# JATC, make it better please! Pipe bending bootcamp etc



## RGH (Sep 12, 2011)

you have to eat the elephant kid....do ya know how? 1 bite at a time..so ..look at it like this... a little of this and a little of that is easier to remember ....a kick..a stub..a b2b..someday a guy will be yelling 8 things at once to you...there is a method to the madness...1 bite at a time good luck and welcome.:thumbup:


----------



## Wireman191 (Aug 28, 2011)

Welcome.
The JATC will run you through everything just enough to get the hang of it and then move on. 
Pipe bending is more on the job experience then in the classroom. Pay attention to the trig because that is a huge part in it, Well it all actually comes back to trig.
If you are not getting pipe bending with the contractor you are working for now I suggest asking to be moved to one that will get you that experience.:thumbsup:
GOOD LUCK!


----------



## HARRY304E (Sep 15, 2010)

chadw said:


> I'm halfway through my first year. I like what the program is about and am still fired up to learn. It just seems like the ibew could take the next step and really start cranking us out to be pros. Give any of us first years about 20 hours of one on one with some pro pipe benders and run us through a boot camp where we can practice and learn completely. It would pay off in the long wrong, instead of learning a little bit here, not doing it again for weeks, forgetting, having to retrain, etc. The contractors would be happy and we could steamroll what the ibew is about.
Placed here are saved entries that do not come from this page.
-- ===== src/Mcp/Proxy/Gate.antt =====
-- No tools/call request reaches the child on its own: the daemon's answer decides it.
use open_agent_lock.Common.{
  Bool, ap, subst, ◌&&◌, has_string, All, All-append, Bool-cases, Fields, Json, is_str, is_str_iff,
  List, Option, Text, [], arith, false, inl, inr, none, obj, optional_member, own, str, codes,
  present, member, refl, some, true, ◌∷◌, ◌≡◌, ◌∙◌, ◌↔◌,
}
use open_agent_lock.Daemon.{Reply}
use open_agent_lock.Mcp.LineBuffer.{push}
use open_agent_lock.Mcp.Proxy.{
  Call, Event, Job, Proxy, begin_line, child_data, child_exit, close, daemon_reply, finish_call,
  host_data, host_end, line, next_job, react, read_child, relay_line, relay_lines, settle, started,
  step, turn,
}
use open_agent_lock.Mcp.Proxy.Log.{
  Fate, dropped, fate_of_route, log, passed, refused, released, settled, settled_job, settles,
  settled_call,
}
use open_agent_lock.Mcp.Proxy.Wire.{
  Link, Route, fault, gated, hold, is_denial, tool_name_of, pass, route, route_line, verdict_of,
}

and_true : (a b : Bool) → (a && b) ≡ true → (a ≡ true) × (b ≡ true)
and_true true b h = (refl, h)
and_true false b h = absurd (cc h)

abbrev call_method : Text
call_method = codes "tools/call"

-- An object whose message is a tools/call request, with its id and parameters.
abbrev pub IsToolCall : Option Json → Json → Option Json → Type 0
IsToolCall msg id params =
    (fs : Fields) × (msg ≡ some (obj fs))
    × (own (codes "method") fs ≡ some (str call_method))
    × (present (own (codes "id") fs) ≡ some id)
    × (own (codes "params") fs ≡ params)

-- The id and the name of the tool have a text.
abbrev pub IsNamed : Json → Option Json → Type 0
IsNamed id params = (has_string id ≡ true) × (has_string (tool_name_of params) ≡ true)

hold-gated :
    (o params : Option Json) (id : Json) (ps : Option Json)
    → hold o params ≡ gated id ps
    → (o ≡ some id) × (params ≡ ps) × IsNamed id ps
hold-gated none params id ps h = absurd (cc h)
hold-gated (some i) params id ps h =
    elim (Bool-cases (has_string i && has_string (tool_name_of params))) [
      | inr f ↦ absurd (cc (rw f at h))
      | inl t ↦
          let e : gated i params ≡ gated id ps = rw t at h in
          let i_is : i ≡ id = cc e in
          let params_are : params ≡ ps = cc e in
          let (a, b) = and_true (has_string i) (has_string (tool_name_of params)) t in
          (
            ap some i_is,
            params_are,
            (
              subst (λ x. has_string x ≡ true) i_is a,
              subst (λ x. has_string (tool_name_of x) ≡ true) params_are b,
            ),
          )
    ]

pub route-gated :
    (msg : Option Json) (id : Json) (params : Option Json)
    → route msg ≡ gated id params
    → IsToolCall msg id params × IsNamed id params
unfolding route member optional_member
route-gated (some (obj fs)) id params h =
    elim (Bool-cases (is_str call_method (own (codes "method") fs))) [
      | inl e ↦
          let held : hold (present (own (codes "id") fs)) (own (codes "params") fs)
              ≡ gated id params =
            ground arith in
          let (given, same, named) = hold-gated _ _ id params held in
          ((fs, refl, (is_str_iff call_method _).0 e, given, same), named)
      | inr e ↦ ground arith
    ]
route-gated _ id params h = unfold is_str in absurd (ground arith)

module _ (link : Link) where
  abbrev pub IsGated : Text → Type 0
  IsGated l = (id : Json) × (params : Option Json) × (route_line link l ≡ gated id params)

  -- A fate that fits the line and the answer.
  abbrev pub IsRight : Text × Fate → Type 0
  IsRight (l, passed) = route_line link l ≡ pass
  IsRight (l, dropped) = route_line link l ≡ fault
  IsRight (l, released r) = IsGated l × (is_denial (verdict_of r) ≡ false)
  IsRight (l, refused r) = IsGated l × (is_denial (verdict_of r) ≡ true)

  -- The line that waits is gated, and its call is that of its message.
  abbrev pub WaitsRight : Option Call → Type 0
  WaitsRight none = Unit
  WaitsRight (some c) = route_line link c.line ≡ gated c.id c.params

  read_child-awaiting :
      (msg : Option Json) (p : Proxy) → (read_child link msg p).awaiting ≡ p.awaiting
  unfolding read_child settle
  read_child-awaiting msg p = ground arith

  relay_lines-awaiting :
      (ls : List Text) (p : Proxy) → (relay_lines link ls p).awaiting ≡ p.awaiting
  unfolding relay_lines relay_line
  relay_lines-awaiting [] p = refl
  relay_lines-awaiting (l ∷ ls) p = elim (Bool-cases p.stopped) [
    | inl s ↦ ground arith
    | inr s ↦ rw (s, relay_lines) (relay_lines-awaiting ls _ ∙ read_child-awaiting (link.parse l) _)
  ]

  begin_line-WaitsRight :
      (l : Text) (r : Route) (p : Proxy)
      → route_line link l ≡ r
      → WaitsRight p.awaiting
      → WaitsRight (begin_line link l r p).awaiting
  unfolding begin_line
  begin_line-WaitsRight l pass p e h = h
  begin_line-WaitsRight l fault p e h = h
  begin_line-WaitsRight l (gated id params) p e h = e

  next_job-WaitsRight :
      (js : List Job) (p : Proxy) → WaitsRight p.awaiting → WaitsRight (next_job link js p).awaiting
  unfolding next_job
  next_job-WaitsRight [] p h = h
  next_job-WaitsRight (close ∷ js) p h = h
  next_job-WaitsRight (line l ∷ js) p h = begin_line-WaitsRight l (route_line link l) _ refl h

  react-WaitsRight :
      (e : Event) (p : Proxy) → WaitsRight p.awaiting → WaitsRight (react link e p).awaiting
  unfolding react
  react-WaitsRight (host_data chunk) p h = h
  react-WaitsRight host_end p h = h
  react-WaitsRight turn p h = ground (arith, next_job-WaitsRight p.jobs p h)
  react-WaitsRight (daemon_reply r) p h = unfold finish_call in ground arith
  react-WaitsRight (child_data chunk) p h = rw (relay_lines-awaiting (push p.child_buf chunk).0 _) h
  react-WaitsRight child_exit p h = h

  pub step-WaitsRight :
      (e : Event) (p : Proxy) → WaitsRight p.awaiting → WaitsRight (step link e p).awaiting
  unfolding step
  step-WaitsRight e p h = ground (arith, react-WaitsRight e p h)

  fate_of_route-IsRight :
      (l : Text) (r : Route) → route_line link l ≡ r → All IsRight (fate_of_route l r)
  fate_of_route-IsRight l pass e = (e, tt)
  fate_of_route-IsRight l fault e = (e, tt)
  fate_of_route-IsRight l (gated id params) e = tt

  settled_job-IsRight : (js : List Job) → All IsRight (settled_job link js)
  settled_job-IsRight [] = tt
  settled_job-IsRight (close ∷ js) = tt
  settled_job-IsRight (line l ∷ js) = fate_of_route-IsRight l (route_line link l) refl

  settled_call-IsRight :
      (o : Option Call) (r : Reply) → WaitsRight o → All IsRight (settled_call link o r)
  settled_call-IsRight none r h = tt
  settled_call-IsRight (some c) r h = elim (Bool-cases (is_denial (verdict_of r))) [
    | inl d ↦ rw d (((c.id, c.params, h), d), tt)
    | inr d ↦ rw d (((c.id, c.params, h), d), tt)
  ]

  settles-IsRight : (e : Event) (p : Proxy) → WaitsRight p.awaiting → All IsRight (settles link e p)
  settles-IsRight (host_data chunk) p h = tt
  settles-IsRight host_end p h = tt
  settles-IsRight turn p h = ground (arith, settled_job-IsRight p.jobs)
  settles-IsRight (daemon_reply r) p h = settled_call-IsRight p.awaiting r h
  settles-IsRight (child_data chunk) p h = tt
  settles-IsRight child_exit p h = tt

  log-IsRight : (es : List Event) (p : Proxy) → WaitsRight p.awaiting → All IsRight (log link es p)
  unfolding log step
  log-IsRight [] p h = tt
  log-IsRight (e ∷ es) p h =
      All-append IsRight (settled link e p) _ (ground (arith, settles-IsRight e p h))
        (log-IsRight es (step link e p) (step-WaitsRight e p h))

  -- What becomes of a tools/call request with an id.
  pub call_route :
      (l : Text) (id : Json) (params : Option Json)
      → IsToolCall (link.parse l) id params
      → route_line link l ≡ hold (some id) params
  unfolding route_line route member optional_member
  call_route l id params (fs, parsed, method, given, same) =
      let called = (is_str_iff call_method (own (codes "method") fs)).1 method in
      rw parsed (rw called (rw (given, same) refl))

  -- A line is held back exactly if it is the JSON of an object whose `method` is the text
  -- `tools/call` and whose `id` is neither missing nor `null`, and the id and the name of the tool
  -- have a text, which objects with a property `toString` have not.
  pub route_line_gated_iff :
      (l : Text) (id : Json) (params : Option Json)
      → (route_line link l ≡ gated id params)
        ↔ (IsToolCall (link.parse l) id params × IsNamed id params)
  unfolding route_line
  route_line_gated_iff l id params = (
    route-gated (link.parse l) id params,
    (λ (call, named). call_route l id params call ∙ rw (named.0, named.1) refl),
  )

  pub run-IsRight : (es : List Event) → All IsRight (log link es started)
  run-IsRight es = log-IsRight es started tt
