-- ===== src/Mcp/Proxy/Order.antt =====
-- Lines are processed one by one, in the order of their arrival, however the events interleave.
use open_agent_lock.Common.{
  Bool-cases, Json, List, Option, Option-cases, Text, [], ap, append-nil, append_assoc, arith,
  false, inl, inr, none, refl, sym, ◌++◌, ◌∙◌, ◌∷◌, ◌≡◌,
}
use open_agent_lock.Mcp.LineBuffer.{push}
use open_agent_lock.Mcp.Proxy.{
  Event, Job, Proxy, child_data, child_exit, close, daemon_reply, host_data, host_end, line,
  lines_as_jobs, next_job, react, relay_lines, run, started, step, turn, begin_line, finish_call,
  read_child, relay_line, settle,
}
use open_agent_lock.Mcp.Proxy.Log.{
  Fate, forwarded_lines, arrivals, arrived, held_lines, job_lines, log, logged_lines, settled,
  fate_of_route, settles, settled_job, brings,
}
use open_agent_lock.Mcp.Proxy.Wire.{Link, Route, fault, gated, pass, route_line}

job_lines-append : (js ks : List Job) → job_lines (js ++ ks) ≡ job_lines js ++ job_lines ks
job_lines-append [] ks = refl
job_lines-append (line l ∷ js) ks = ground (arith, job_lines-append js ks)
job_lines-append (close ∷ js) ks = job_lines-append js ks

job_lines-lines_as_jobs : (ls : List Text) → job_lines (lines_as_jobs ls) ≡ ls
job_lines-lines_as_jobs [] = refl
job_lines-lines_as_jobs (l ∷ ls) = ground (arith, job_lines-lines_as_jobs ls)

module _ (link : Link) where
  pub step_running : (e : Event) (p : Proxy) → p.stopped ≡ false → step link e p ≡ react link e p
  unfolding step
  step_running e p h = ground arith

  read_child-held :
      (msg : Option Json) (p : Proxy) → held_lines (read_child link msg p) ≡ held_lines p
  unfolding read_child settle
  read_child-held msg p = ground arith

  relay_lines-held :
      (ls : List Text) (p : Proxy) → held_lines (relay_lines link ls p) ≡ held_lines p
  unfolding relay_lines relay_line
  relay_lines-held [] p = refl
  relay_lines-held (l ∷ ls) p = elim (Bool-cases p.stopped) [
    | inl s ↦ ground arith
    | inr s ↦ rw (s, relay_lines) (relay_lines-held ls _ ∙ read_child-held (link.parse l) _)
  ]

  begin_line-held :
      (l : Text) (r : Route) (p : Proxy)
      → p.awaiting ≡ none
      → l ∷ job_lines p.jobs
        ≡ logged_lines (fate_of_route l r) ++ held_lines (begin_line link l r p)
  unfolding begin_line
  begin_line-held l pass p w = ground arith
  begin_line-held l fault p w = ground arith
  begin_line-held l (gated id params) p w = ground arith

  next_job-held :
      (js : List Job) (p : Proxy)
      → p.awaiting ≡ none
      → p.jobs ≡ js
      → job_lines js ≡ logged_lines (settled_job link js) ++ held_lines (next_job link js p)
  unfolding next_job
  next_job-held [] p w j = ground arith
  next_job-held (close ∷ js) p w j = ground arith
  next_job-held (line l ∷ js) p w j =
      begin_line-held l (route_line link l) (record p { jobs = js }) w

  react-held :
      (e : Event) (p : Proxy)
      → held_lines p ++ brings e p ≡ logged_lines (settles link e p) ++ held_lines (react link e p)
  unfolding react
  react-held (host_data chunk) p =
      rw
        (job_lines-append p.jobs (lines_as_jobs (push p.host_buf chunk).0), job_lines-lines_as_jobs)
        (simp append_assoc)
  react-held host_end p = rw (job_lines-append p.jobs (close ∷ [])) (simp append-nil)
  react-held turn p = elim (Option-cases p.awaiting) [
    | inl w ↦ ground (arith, append-nil (held_lines p), next_job-held p.jobs p w refl)
    | inr (c, w) ↦ rw w (ground (arith, append-nil (job_lines p.jobs)))
  ]
  react-held (daemon_reply r) p = unfold finish_call in ground (arith, append-nil (held_lines p))
  react-held (child_data chunk) p =
      rw append-nil (sym (relay_lines-held (push p.child_buf chunk).0 _))
  react-held child_exit p = rw append-nil

  step-held :
      (e : Event) (p : Proxy)
      → held_lines p ++ arrived e p ≡ logged_lines (settled link e p) ++ held_lines (step link e p)
  unfolding step
  step-held e p = elim (Bool-cases p.stopped) [
    | inl s ↦ ground (arith, append-nil (held_lines p))
    | inr s ↦ ground (arith, react-held e p)
  ]

  pub logged_lines-append :
      (r s : List (Text × Fate)) → logged_lines (r ++ s) ≡ logged_lines r ++ logged_lines s
  logged_lines-append [] s = refl
  logged_lines-append ((l, f) ∷ r) s = ground (arith, logged_lines-append r s)

  pub run-held :
      (es : List Event) (p : Proxy)
      → held_lines p ++ arrivals link es p
        ≡ logged_lines (log link es p) ++ held_lines (run link es p)
  unfolding arrivals log run
  run-held [] p = rw append-nil
  run-held (e ∷ es) p =
      sym (append_assoc (held_lines p) (arrived e p) _)
      ∙ ap (λ ls. ls ++ arrivals link es (step link e p)) (step-held e p)
      ∙ append_assoc (logged_lines (settled link e p)) (held_lines (step link e p)) _
      ∙ ap (λ ls. logged_lines (settled link e p) ++ ls) (run-held es (step link e p))
      ∙ sym (append_assoc (logged_lines (settled link e p)) _ _)
      ∙ ap (λ ls. ls ++ held_lines (run link es (step link e p)))
          (sym (logged_lines-append (settled link e p) _))

  read_child-to_child :
      (msg : Option Json) (p : Proxy) → (read_child link msg p).to_child ≡ p.to_child
  unfolding read_child settle
  read_child-to_child msg p = ground arith

  relay_lines-to_child :
      (ls : List Text) (p : Proxy) → (relay_lines link ls p).to_child ≡ p.to_child
  unfolding relay_lines relay_line
  relay_lines-to_child [] p = refl
  relay_lines-to_child (l ∷ ls) p = elim (Bool-cases p.stopped) [
    | inl s ↦ ground arith
    | inr s ↦ rw (s, relay_lines) (relay_lines-to_child ls _ ∙ read_child-to_child (link.parse l) _)
  ]

  begin_line-to_child :
      (l : Text) (r : Route) (p : Proxy)
      → (begin_line link l r p).to_child ≡ p.to_child ++ forwarded_lines (fate_of_route l r)
  unfolding begin_line
  begin_line-to_child l pass p = refl
  begin_line-to_child l fault p = rw append-nil
  begin_line-to_child l (gated id params) p = rw append-nil

  next_job-to_child :
      (js : List Job) (p : Proxy)
      → (next_job link js p).to_child ≡ p.to_child ++ forwarded_lines (settled_job link js)
  unfolding next_job
  next_job-to_child [] p = rw append-nil
  next_job-to_child (close ∷ js) p = rw append-nil
  next_job-to_child (line l ∷ js) p = begin_line-to_child l (route_line link l) _

  react-to_child :
      (e : Event) (p : Proxy)
      → (react link e p).to_child ≡ p.to_child ++ forwarded_lines (settles link e p)
  unfolding react
  react-to_child (host_data chunk) p = rw append-nil
  react-to_child host_end p = rw append-nil
  react-to_child turn p = ground (arith, append-nil p.to_child, next_job-to_child p.jobs p)
  react-to_child (daemon_reply r) p = unfold finish_call in ground (arith, append-nil p.to_child)
  react-to_child (child_data chunk) p =
      rw append-nil (relay_lines-to_child (push p.child_buf chunk).0 _)
  react-to_child child_exit p = rw append-nil

  step-to_child :
      (e : Event) (p : Proxy)
      → (step link e p).to_child ≡ p.to_child ++ forwarded_lines (settled link e p)
  unfolding step
  step-to_child e p = ground (arith, append-nil p.to_child, react-to_child e p)

  forwarded_lines-append :
      (r s : List (Text × Fate)) → forwarded_lines (r ++ s) ≡ forwarded_lines r ++ forwarded_lines s
  forwarded_lines-append [] s = refl
  forwarded_lines-append ((l, f) ∷ r) s = ground (arith, forwarded_lines-append r s)

  run-to_child :
      (es : List Event) (p : Proxy)
      → (run link es p).to_child ≡ p.to_child ++ forwarded_lines (log link es p)
  unfolding log run
  run-to_child [] p = rw append-nil
  run-to_child (e ∷ es) p =
      run-to_child es (step link e p)
      ∙ ap (λ ls. ls ++ forwarded_lines (log link es (step link e p))) (step-to_child e p)
      ∙ append_assoc p.to_child _ _
      ∙ ap (λ ls. p.to_child ++ ls) (sym (forwarded_lines-append (settled link e p) _))

  -- Whatever the events and their order: the lines that arrived are, in the order of their
  -- arrival, those that are done with, the one that waits for a verdict and those that are queued;
  -- and the child was given just those of the first that were not refused and did not fail, in
  -- this order. Nothing is lost, doubled or overtaken while a verdict is awaited.
  pub run-in_order :
      (es : List Event)
      → (arrivals link es started
          ≡ logged_lines (log link es started) ++ held_lines (run link es started))
        × ((run link es started).to_child ≡ forwarded_lines (log link es started))
  run-in_order es = (run-held es started, run-to_child es started)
Non-union shops wouldn't stand a chance...


Get your self a 3/4" pipe bender and buy 100' of 3/4 EMT .

Use the book that came with the bender IDEAL Benders come with a book get some ply wood set it up in your garage are where ever you can and practice take pictures so you can show someone else and also you can follow your progress..but remember you want to be the best..:thumbsup:

I say to practice on 3/4" because it is harder than 1/2" but it will teach you to respect the cost of pipe and once you master 3/4"EMT you will be worth more than all the rest.........Good luck and welcome to the forum:thumbup::thumbup:


----------



## jordan_paul (Oct 4, 2011)

chadw said:


> I'm halfway through my first year. I like what the program is about and am still fired up to learn. It just seems like the ibew could take the next step and really start cranking us out to be pros. Give any of us first years about 20 hours of one on one with some pro pipe benders and run us through a boot camp where we can practice and learn completely. It would pay off in the long wrong, instead of learning a little bit here, not doing it again for weeks, forgetting, having to retrain, etc. The contractors would be happy and we could steamroll what the ibew is about. Non-union shops wouldn't stand a chance...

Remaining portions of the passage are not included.